After a while the news reached Mrs Ramage that her husband had been killed. Then came another message that Lieutenant Reynell had been dangerously wounded; and finally, at the close of the day, Lady Harriet received the information that Major Acland, seriously hurt, was in the hands of the enemy.

With equal courage and affection, the devoted woman resolved to go in search of him, and that without delay. Accordingly, with Dr Brudenell, chaplain of the regiment, she entered a small boat and proceeded down the river to the enemy’s outposts. Here they were challenged by the sentry, and Brudenell, hoisting a white handkerchief on a stick, attempted to explain their errand. The sentinel, however, proved obdurate, not only refusing to carry any message to the officer in command, but warning them not to move, or he would fire on the boat. So all through that inclement night, insufficiently clad, without a particle of food, and in imminent danger of becoming a target for the foe, they sat and waited.

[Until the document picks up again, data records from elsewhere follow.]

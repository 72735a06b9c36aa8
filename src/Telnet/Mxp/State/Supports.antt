-- ===== src/Telnet/Mxp/State/Supports.antt =====
-- What the list of `<SUPPORTS>` entries of mxp.rs can become.
use oxigeon.Base.{
  ◌≤◌, false, ◌||◌, List, [], ◌∷◌, ◌++◌, leb, if◌then◌else◌, length, length-append, ◌≡◌, refl,
  arith, Bool-cases, inl, inr, sym, subst,
}
use oxigeon.Telnet.Mxp.{Text}
use oxigeon.Telnet.Mxp.State.{max_supports, equals, member, add_supports}

-- No entry twice.
abbrev pub IsDistinct : List Text → Type 0
IsDistinct [] = Unit {0}
IsDistinct (s ∷ ss) = (member s ss ≡ false) × IsDistinct ss

equals_sym : (s t : Text) → equals s t ≡ equals t s
equals_sym [] [] = refl
equals_sym [] (b ∷ t) = refl
equals_sym (a ∷ s) [] = refl
equals_sym (a ∷ s) (b ∷ t) = ground (arith, equals_sym s t)

member-append :
    (s t : Text) (ss : List Text) → member s (ss ++ t ∷ []) ≡ (member s ss || equals t s)
member-append s t [] = ground arith
member-append s t (u ∷ ss) = ground (arith, member-append s t ss)

IsDistinct-append :
    (t : Text) (ss : List Text) → member t ss ≡ false → IsDistinct ss → IsDistinct (ss ++ t ∷ [])
IsDistinct-append t [] h d = (refl, tt)
IsDistinct-append t (s ∷ ss) h d = (
  ground (arith, member-append s t ss, equals_sym s t, d.0),
  IsDistinct-append t ss (ground arith) d.1,
)

abbrev add_one : Text → List Text → List Text
add_one t ss = if member t ss then ss else ss ++ t ∷ []

abbrev Bounded : List Text → Type 0
Bounded ss = (length ss ≤ max_supports) × IsDistinct ss

Bounded-add_one :
    (t : Text) (ss : List Text)
    → leb max_supports (length ss) ≡ false
    → Bounded ss
    → Bounded (add_one t ss)
Bounded-add_one t ss l b = elim (Bool-cases (member t ss)) [
  | inl h ↦ subst (λ x. Bounded (if x then ss else (ss ++ t ∷ []))) (sym h) b
  | inr h ↦
      subst (λ x. Bounded (if x then ss else (ss ++ t ∷ []))) (sym h)
        (ground (arith, length-append ss (t ∷ [])), IsDistinct-append t ss h b.1)
]

-- However many tags a client names: if the entries were at most `MAX_SUPPORTS` and none was there
-- twice, that is so still.
pub add_supports-IsDistinct :
    (ts ss : List Text)
    → length ss ≤ max_supports
    → IsDistinct ss
    → (length (add_supports ts ss) ≤ max_supports) × IsDistinct (add_supports ts ss)
unfolding add_supports
add_supports-IsDistinct [] ss l d = (l, d)
add_supports-IsDistinct (t ∷ ts) ss l d = elim (Bool-cases (leb max_supports (length ss))) [
  | inl h ↦ subst (λ x. Bounded (if x then ss else add_supports ts (add_one t ss))) (sym h) (l, d)
  | inr h ↦
      let next = Bounded-add_one t ss h (l, d) in
      subst (λ x. Bounded (if x then ss else add_supports ts (add_one t ss))) (sym h)
        (add_supports-IsDistinct ts (add_one t ss) next.0 next.1)
]
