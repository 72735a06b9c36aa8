-- ===== src/Telnet/Mxp/Unmarked.antt =====
-- Text without a line tag, said without the scanner of mxp.rs, and that clean text is such.
use oxigeon.Base.{
  ℕ, ◌≤◌, true, false, [], ◌∷◌, ◌++◌, some, Option, none, All, ◌≡◌, ◌≢◌, refl, sym, ap, ◌∙◌, subst,
  arith, append_assoc,
}
use oxigeon.Telnet.Constants.{esc}
use oxigeon.Telnet.Mxp.{Text, csi_tail, escape_sequence, is_digits_z, is_line_tag}
use oxigeon.Telnet.Mxp.Scan.{Clean, clean_char, clean_seq}

-- What ends a control sequence, and what it may have before its end.
abbrev IsFinal : ℕ → Type 0
IsFinal c = (0x40 ≤ c) × (c ≤ 0x7e)

abbrev IsInner : ℕ → Type 0
IsInner c = ¬ IsFinal c

abbrev IsDigit : ℕ → Type 0
IsDigit c = (b'0' ≤ c) × (c ≤ b'9')

-- Characters other than ESC, and whole control sequences.
pub data Ordinary : Text → Type 0 where
  ordinary_end : Ordinary []
  ordinary_char : {c : ℕ} {cs : Text} → c ≢ esc → Ordinary cs → Ordinary (c ∷ cs)
  ordinary_csi :
      {f : ℕ} {cs : Text} (inner : Text)
      → All IsInner inner
      → IsFinal f
      → Ordinary cs
      → Ordinary (esc ∷ b'[' ∷ (inner ++ f ∷ cs))

-- The tag of a line: a number, whatever its digits.
abbrev tag : Text → Text
tag digits = esc ∷ b'[' ∷ (digits ++ b'z' ∷ [])

-- Behind no ordinary text does a line tag stand.
abbrev pub HasNoTag : Text → Type 0
HasNoTag s =
    (before : Text) (d : ℕ) (digits after : Text)
    → Ordinary before
    → All IsDigit (d ∷ digits)
    → ¬ (s ≡ before ++ (tag (d ∷ digits) ++ after))

csi_tail-final :
    (inner : Text) (f : ℕ) (t : Text)
    → All IsInner inner
    → IsFinal f
    → csi_tail (inner ++ f ∷ t) ≡ (inner ++ f ∷ [], t)
unfolding csi_tail
csi_tail-final [] f t h k = ground arith
csi_tail-final (c ∷ cs) f t (h, hs) k = ground (arith, csi_tail-final cs f t hs k, h)

escape_sequence-csi :
    (inner : Text) (f : ℕ) (t : Text)
    → All IsInner inner
    → IsFinal f
    → escape_sequence (esc ∷ b'[' ∷ (inner ++ f ∷ t)) ≡ some (esc ∷ b'[' ∷ (inner ++ f ∷ []), t)
unfolding escape_sequence
escape_sequence-csi inner f t h k = rw (csi_tail-final inner f t h k) refl

is_digits_z-tag : (digits : Text) → All IsDigit digits → is_digits_z (digits ++ b'z' ∷ []) ≡ true
unfolding is_digits_z
is_digits_z-tag [] h = refl
is_digits_z-tag (c ∷ []) h = ground arith
is_digits_z-tag (c ∷ d ∷ ds) h = ground (arith, is_digits_z-tag (d ∷ ds) h.1)

is_line_tag-tag : (d : ℕ) (ds : Text) → All IsDigit (d ∷ ds) → is_line_tag (tag (d ∷ ds)) ≡ true
unfolding is_line_tag
is_line_tag-tag d [] h = is_digits_z-tag (d ∷ []) h
is_line_tag-tag d (e ∷ ds) h = is_digits_z-tag (d ∷ e ∷ ds) h

digits-IsInner : (ds : Text) → All IsDigit ds → All IsInner ds
digits-IsInner [] h = tt
digits-IsInner (d ∷ ds) (h, hs) = ((λ f. omega (arith, h, f)), digits-IsInner ds hs)

Clean-tail : {P : ℕ → Type 0} (c : ℕ) (cs : Text) → c ≢ esc → Clean P (c ∷ cs) → Clean P cs
Clean-tail c cs ne (clean_char n p h) = h
Clean-tail c cs ne (clean_seq e n h) = absurd (ne refl)

abbrev parts : Option (Text × Text) → Text × Text
parts none = ([], [])
parts (some p) = p

-- Of clean text, what is behind a sequence is clean, and the sequence is no line tag.
Clean-rest :
    {P : ℕ → Type 0} (bs seq rest : Text)
    → escape_sequence (esc ∷ bs) ≡ some (seq, rest)
    → Clean P (esc ∷ bs)
    → (is_line_tag seq ≡ false) × Clean P rest
Clean-rest bs seq rest e (clean_char n p h) = absurd (n refl)
Clean-rest {P} bs seq rest e (clean_seq {rest = more} {seq = first} d n h) =
    let same : (first, more) ≡ (seq, rest) = ap parts (sym d ∙ e) in
    (ap (λ p. is_line_tag p.0) (sym same) ∙ n, subst (λ p. Clean P p.1) same h)

Clean-sequence :
    {P : ℕ → Type 0} (inner : Text) (f : ℕ) (t u : Text)
    → All IsInner inner
    → IsFinal f
    → t ≡ inner ++ f ∷ u
    → Clean P (esc ∷ b'[' ∷ t)
    → (is_line_tag (esc ∷ b'[' ∷ (inner ++ f ∷ [])) ≡ false) × Clean P u
Clean-sequence inner f t u i k e c =
    Clean-rest (b'[' ∷ t) (esc ∷ b'[' ∷ (inner ++ f ∷ [])) u
      (ap (λ x. escape_sequence (esc ∷ b'[' ∷ x)) e ∙ escape_sequence-csi inner f u i k) c

no_tag :
    {before : Text} (d : ℕ) (ds after : Text)
    → Ordinary before
    → All IsDigit (d ∷ ds)
    → Clean (λ c. Unit {0}) (before ++ (tag (d ∷ ds) ++ after))
    → ⊥
no_tag d ds after ordinary_end h c =
    let digits = d ∷ ds in
    let plain =
      (Clean-sequence digits (b'z') ((digits ++ b'z' ∷ []) ++ after) after (digits-IsInner digits h)
        (omega arith, omega arith) (append_assoc digits (b'z' ∷ []) after) c).0 in
    ground (arith, plain, is_line_tag-tag d ds h)
no_tag d ds after (ordinary_char {c = x} {cs = cs} n o) h c =
    no_tag d ds after o h (Clean-tail x (cs ++ (tag (d ∷ ds) ++ after)) n c)
no_tag d ds after (ordinary_csi {f = f} {cs = cs} inner i k o) h c =
    let more = tag (d ∷ ds) ++ after in
    no_tag d ds after o h
      (Clean-sequence inner f ((inner ++ f ∷ cs) ++ more) (cs ++ more) i k
        (append_assoc inner (f ∷ cs) more) c).1

-- Clean text has no line tag behind ordinary text.
pub Clean-HasNoTag : (s : Text) → Clean (λ c. Unit {0}) s → HasNoTag s
Clean-HasNoTag s c before d ds after o h e =
    no_tag d ds after o h (subst (Clean (λ c. Unit {0})) e c)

With the morning their situation improved. The general, on being made cognisant of the facts, received the lady with soldierly sympathy, and accorded her full permission to attend on her husband until his recovery.

Soon after they returned to England, and to Pixton, but Colonel Acland was born to ill-luck. He fought a duel on Bampton Down, November 11, 1778, with Captain Lloyd, an officer of his own regiment, whom he had offended by praising the humanity of the American people, and caught a chill. Four days later he was dead.

Lady Harriet had two children—Elizabeth Kitty and John Dyke. The latter, after succeeding to the baronetcy, died at the age of seventeen, whilst his sister married, in 1796, Lord Porchester (afterwards second Earl of Carnarvon), and died in 1816. Lady Harriet outlived both husband and children, dying in 1818.

The present possessor of Pixton is the Dowager Countess of Carnarvon; and her sons are the lineal descendants of the intrepid woman whose adventures I have described.

Pixton Park, with its beeches and herd of fallow deer, and Lady Harriet’s Drive, flanked on each side by gorgeous oak woods or oak coppice, vocal with streams, and centred by brown Haddon, are among the features which enable Dulverton to maintain its proud claim to extraordinary beauty of scenery. In this respect it has no superior in the West Country, and Tennyson, who visited the neighbourhood not long before his death, went away delighted with it. An account of this visit appears in the life of the poet by his son, the present Lord Tennyson; and, although rather inaccurate in some of the details, yet, as a piece of impressionism, deserves to be reproduced.

“In June, Colonel Crozier lent us his yacht, the Assegai, and we went to Exmouth, and thence by rail to Dulverton—a land of bubbling streams, my father called it.

“Lord Carnarvon had told him years ago that the streams here were the most delicious he knew.

“We drove up the Haddon valley, and to Barlynch Abbey on the Exe. The ragged robin and wild garlic were profuse. We returned by Pixton Park.